Hubungan antara pengetahuan dengan nilai adalah bahwa pengetahuan yang dimiliki
subjek merupakan nilai-nilai, baik yang dikehendaki ataupun yang ditolaknya. Diterima atau
ditolaknya sesuatu sebagai yang bernilai bagi seseorang sangat bergantung pada pengetahuan
dan penilaiannya terhadap sesuatu itu. Atas dasar kenyataan itu, maka jelaslah bahwa antara
pengetahuan dan nilai terkait erat, yang secara teoritis dapat dipisahkan dalam memahaminya,
akan tetapi secara praktis nilai terletak pada pengetahuan itu sendiri. Hubungan antara
keduanya adalah sangat erat dan timbal balik. Pengetahuan timbul karena adanya kemampuan
subjek (manusia) untuk mengenal objek, dan nilai itu terjadi karena adanya pengetahuan yang
dinilai untuk dimilikinya. Dengan pengetahuan itu subjek dapat mengembangkan diri menjadi
seperti sesuatu yang dikehendakinya.
Nilai-nilai ada yang bersifat universal, ada pula yang bersifat partikular. Nilai universal
bersifat abstrak umum, sedangkan yang partikular bersifat konkret instrumental. Nilai-nilai
instrumental inilah yang dapat berubah sesuai dengan waktu dan kondisi, sedangkan yang
abstrak-umum-universal adalah tetap tak berubah.
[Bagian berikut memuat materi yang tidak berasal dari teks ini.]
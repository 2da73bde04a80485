-- ===== src/Proxies/Index.antt =====
-- The list of available proxies and the index into it agree.
use cue.Base.{
  ℕ, zero, suc, ◌-◌, ◌≡◌, refl, List, [], ◌∷◌, ◌++◌, none, some, String, false, arith, ltb, ◌==◌,
  if◌then◌else◌, length, get_elem?, set, take, get_elem?-set, get_elem?-append,
  lt-length_of_get_elem?, get_elem?-within, Option-cases, is_some, inl, inr, done,
}
use cue.Base.Key.{string_key, ◌=?◌}
use cue.Base.Dict.{Dict, lookup, insert, lookup-insert, lookup-erase}
use cue.Proxies.{ProxyMap, swapped_out, remove_from_available}

pub record Agrees (available : List String) (index : Dict String ℕ) : Type 0 where
  pub to_slot : (id : String) (i : ℕ) → lookup id index ≡ some i → get_elem? available i ≡ some id
  pub to_index : (id : String) (i : ℕ) → get_elem? available i ≡ some id → lookup id index ≡ some i

pub append-Agrees :
    (id : String) (available : List String) (index : Dict String ℕ)
    → Agrees available index
    → lookup id index ≡ none
    → Agrees (available ++ id ∷ []) (insert id (length available) index)
append-Agrees id available index v fresh =
    let look = λ (k : String). lookup-insert id k (length available) index in
    let slots = get_elem?-append available id in
    let same = λ (k : String). string_key.beq_iff id k in
    record {
      to_slot = λ k i e.
          ground
            (arith, look k, slots i, same k, v.to_slot k i, lt-length_of_get_elem? available i k);
      to_index = λ k i e. ground (arith, look k, slots i, same k, v.to_index k i);
    }

-- The loop bound of `take` in one conditional.
get_elem?-take {ℓ} :
    {A : Type ℓ} (n : ℕ) (xs : List A) (i : ℕ)
    → get_elem? (take n xs) i ≡ (if ltb i n then get_elem? xs i else none)
get_elem?-take zero xs i = ground arith
get_elem?-take (suc n) [] i = ground arith
get_elem?-take (suc n) (x ∷ xs) zero = ground arith
get_elem?-take (suc n) (x ∷ xs) (suc i) = ground (arith, get_elem?-take n xs i)

module _ (pm : ProxyMap) (id last_id : String) (idx : ℕ)
    (v : Agrees pm.available pm.available_index) (at : lookup id pm.available_index ≡ some idx)
    (there : get_elem? pm.available (length pm.available - 1) ≡ some last_id) where
  abbrev last : ℕ
  last = length pm.available - 1

  slot_after :
      (i : ℕ)
      → get_elem? (swapped_out pm id idx last_id).available i ≡ (
          if ltb i last
          then (if idx == i then some last_id else get_elem? pm.available i)
          else none)
  unfolding swapped_out
  slot_after i =
      let lt = lt-length_of_get_elem? pm.available idx id (v.to_slot id idx at) in
      ground (
        arith,
        get_elem?-take last (set pm.available idx last_id) i,
        get_elem?-set pm.available idx i last_id,
      )

  pub index_after :
      (k : String)
      → lookup k (swapped_out pm id idx last_id).available_index
        ≡ (if id =? k then none else if last_id =? k then some idx else lookup k pm.available_index)
  unfolding swapped_out
  index_after k = ground (
    arith,
    lookup-erase id k (insert last_id idx pm.available_index),
    lookup-insert last_id k idx pm.available_index,
  )

  pub swapped_out-Agrees :
      Agrees
        (swapped_out pm id idx last_id).available
        (swapped_out pm id idx last_id).available_index
  swapped_out-Agrees =
      let at_last = v.to_index last_id last there in
      let here = v.to_slot id idx at in
      let lt = lt-length_of_get_elem? pm.available idx id here in
      record {
        to_slot = λ k i e. ground (
          arith,
          slot_after i,
          index_after k,
          v.to_slot k i,
          lt-length_of_get_elem? pm.available i k,
          string_key.beq_iff id k,
          string_key.beq_iff last_id k,
        );
        to_index = λ k i e. ground (
          arith,
          slot_after i,
          index_after k,
          v.to_index k i,
          string_key.beq_iff id k,
          string_key.beq_iff last_id k,
        );
      }

-- Taking a proxy off the list: it does not panic, keeps the agreement, and changes no other proxy.
pub record Removed (pm : ProxyMap) (id : String) (pm' : ProxyMap) : Type 0 where
  pub agrees : Agrees pm'.available pm'.available_index
  pub members :
      (k : String)
      → is_some (lookup k pm'.available_index)
        ≡ (if id =? k then false else is_some (lookup k pm.available_index))
  pub kept : pm'.proxies ≡ pm.proxies

pub remove_from_available-Removed :
    (pm : ProxyMap) (id : String)
    → Agrees pm.available pm.available_index
    → (pm' : ProxyMap) × (remove_from_available pm id ≡ done pm') × Removed pm id pm'
unfolding remove_from_available
remove_from_available-Removed pm id v = elim (Option-cases (lookup id pm.available_index)) [
  | inl e ↦ (
    pm,
    rw (e, remove_from_available) refl,
    record { agrees = v; members = λ k. ground (arith, string_key.beq_iff id k); kept = refl },
  )
  | inr (idx, e) ↦
      let lt = lt-length_of_get_elem? pm.available idx id (v.to_slot id idx e) in
      let (last_id, there) =
        get_elem?-within pm.available (length pm.available - 1) (omega arith) in
      let at_last = v.to_index last_id (length pm.available - 1) there in
      (
        swapped_out pm id idx last_id,
        rw (e, remove_from_available) (rw there refl),
        record {
          agrees = swapped_out-Agrees pm id last_id idx v e there;
          members = λ k.
              ground
                (arith, index_after pm id last_id idx v e there k, string_key.beq_iff last_id k);
          kept = refl;
        },
      )
]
Sebagai contoh nilai keadilan bersifat
abstrak-umum-universal, sedangkan bentuk konkretnya yang bersifat instrumental dapat
berubah, umpamanya adil diartikan sama rata dan sama rasa. Dalam kenyataan apakah mereka
yang bekerja Lebih intensif akan mendapatkan bagian yang sama dengan mereka yang
bekerjanya kurang intensif, meskipun dalam kurun waktu yang sama? Apabila keduanya
disamakan, apakah itu adil? Permasalahan seperti inilah yang sering menjadi perbedaan
pendapat. Dengan kata lain, apabila telah memasuki nilai-nilai instrumental sering terjadi
berbagai perbedaan pendapat karena kurang jelasnya kriteria yang digunakan.